Toothaker v. Maine Employment Sec. Commission

Citation217 A.2d 203
PartiesSarah W. TOOTHAKER v. MAINE EMPLOYMENT SECURITY COMMISSION and Fairchild Semiconductor Division.
Decision Date15 February 1966
CourtSupreme Judicial Court of Maine (US)

G. Curtis Webber, Auburn, for plaintiff.

Milton L. Bradford, Asst. Atty. Gen., Augusta, for defendants.

Before WILLIAMSON, C. J., and TAPLEY, MARDEN, RUDMAN, and DUFRESNE, JJ.

WILLIAMSON, Chief Justice.

This appeal from a decree of the Superior Court sustaining the decision of the Maine Employment Security Commission disqualifying the appellant claimant from benefits under the Employment Security Law is denied. R.S.1954, c. 29 (now 26 M.R.S.A. § 1041 et seq.)

The case requires: (1) the interpretation of the disqualification for benefits provision for leaving work 'voluntarily without good cause attributable to such employment' under R.S.1954, c. 29, § 15, subd. I, 1 and (2) the application of the statute to the fact that disability induced by travel caused the claimant to leave her regular employment.

In his decree the presiding Justice said:

'That the findings of fact of the Appeal Tribunal, adopted by the majority of the Commission are supported by the evidence.

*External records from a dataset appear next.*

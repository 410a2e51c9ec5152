-- ===== src/Types/Operands.antt =====
-- The arguments of the procedures in nfs3/nfstypdef.go, as the client sends them.
use gonfs.Common.{ℕ, Text}
use gonfs.Types.Attr.{Ftype3, NfsFh3, Specdata3}
use gonfs.Types.Args.{Sattr3, Sattrguard3, StableHow, Createhow3}

pub record Diropargs3 : Type 0 where
  pub dir : NfsFh3
  pub name : Text

pub record GetattrArgs : Type 0 where
  pub object : NfsFh3

pub record SetattrArgs : Type 0 where
  pub object : NfsFh3
  pub new_attributes : Sattr3
  pub guard : Sattrguard3

pub record LookupArgs : Type 0 where
  pub what : Diropargs3

pub record AccessArgs : Type 0 where
  pub object : NfsFh3
  pub access : ℕ

pub record ReadlinkArgs : Type 0 where
  pub symlink : NfsFh3

pub record ReadArgs : Type 0 where
  pub file : NfsFh3
  pub offset : ℕ
  pub count : ℕ

pub record WriteArgs : Type 0 where
  pub file : NfsFh3
  pub offset : ℕ
  pub count : ℕ
  pub stable : StableHow
  pub bytes : Text

pub record CreateArgs : Type 0 where
  pub place : Diropargs3
  pub how : Createhow3

pub record MkdirArgs : Type 0 where
  pub place : Diropargs3
  pub attributes : Sattr3

pub record Symlinkdata3 : Type 0 where
  pub symlink_attributes : Sattr3
  pub symlink_data : Text

pub record SymlinkArgs : Type 0 where
  pub place : Diropargs3
  pub symlink : Symlinkdata3

pub record Devicedata3 : Type 0 where
  pub dev_attributes : Sattr3
  pub spec : Specdata3

pub record Mknoddata3 : Type 0 where
  pub ftype : Ftype3
  pub device1 : Devicedata3
  pub device2 : Devicedata3
  pub pipe_attributes1 : Sattr3
  pub pipe_attributes2 : Sattr3

pub record MknodArgs : Type 0 where
  pub place : Diropargs3
  pub what : Mknoddata3

pub record RemoveArgs : Type 0 where
  pub object : Diropargs3

pub record RmdirArgs : Type 0 where
  pub object : Diropargs3

pub record RenameArgs : Type 0 where
  pub from : Diropargs3
  pub to : Diropargs3

pub record LinkArgs : Type 0 where
  pub file : NfsFh3
  pub link : Diropargs3

pub record ReaddirArgs : Type 0 where
  pub dir : NfsFh3
  pub cookie : ℕ
  pub cookieverf : Text
  pub count : ℕ

pub record ReaddirplusArgs : Type 0 where
  pub dir : NfsFh3
  pub cookie : ℕ
  pub cookieverf : Text
  pub dircount : ℕ
  pub maxcount : ℕ

pub record FsstatArgs : Type 0 where
  pub fsroot : NfsFh3

pub record FsinfoArgs : Type 0 where
  pub fsroot : NfsFh3

pub record PathconfArgs : Type 0 where
  pub object : NfsFh3

pub record CommitArgs : Type 0 where
  pub file : NfsFh3
  pub offset : ℕ
  pub count : ℕ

'That the decision of the majority of the commission that the Claimant left her regular employment voluntarily without good cause attributable to such employment within the meaning of Section 15-I of the Employment Security Law and that her separation was voluntary without good cause attributable to the employer, within the meaning of Section 17-III of the Law, are supported by the evidence and are correct interpretations and applications of the law.'

The decision of the Appeal Tribunal reads in part:

'The claimant, a married woman 31 years old, was last employed as a cookie packer. She worked for this employer about one week, and was obliged to leave this work because the constant standing was too much for her. She previously worked in an electronics plant for about six weeks until May 10, 1963, when she separated.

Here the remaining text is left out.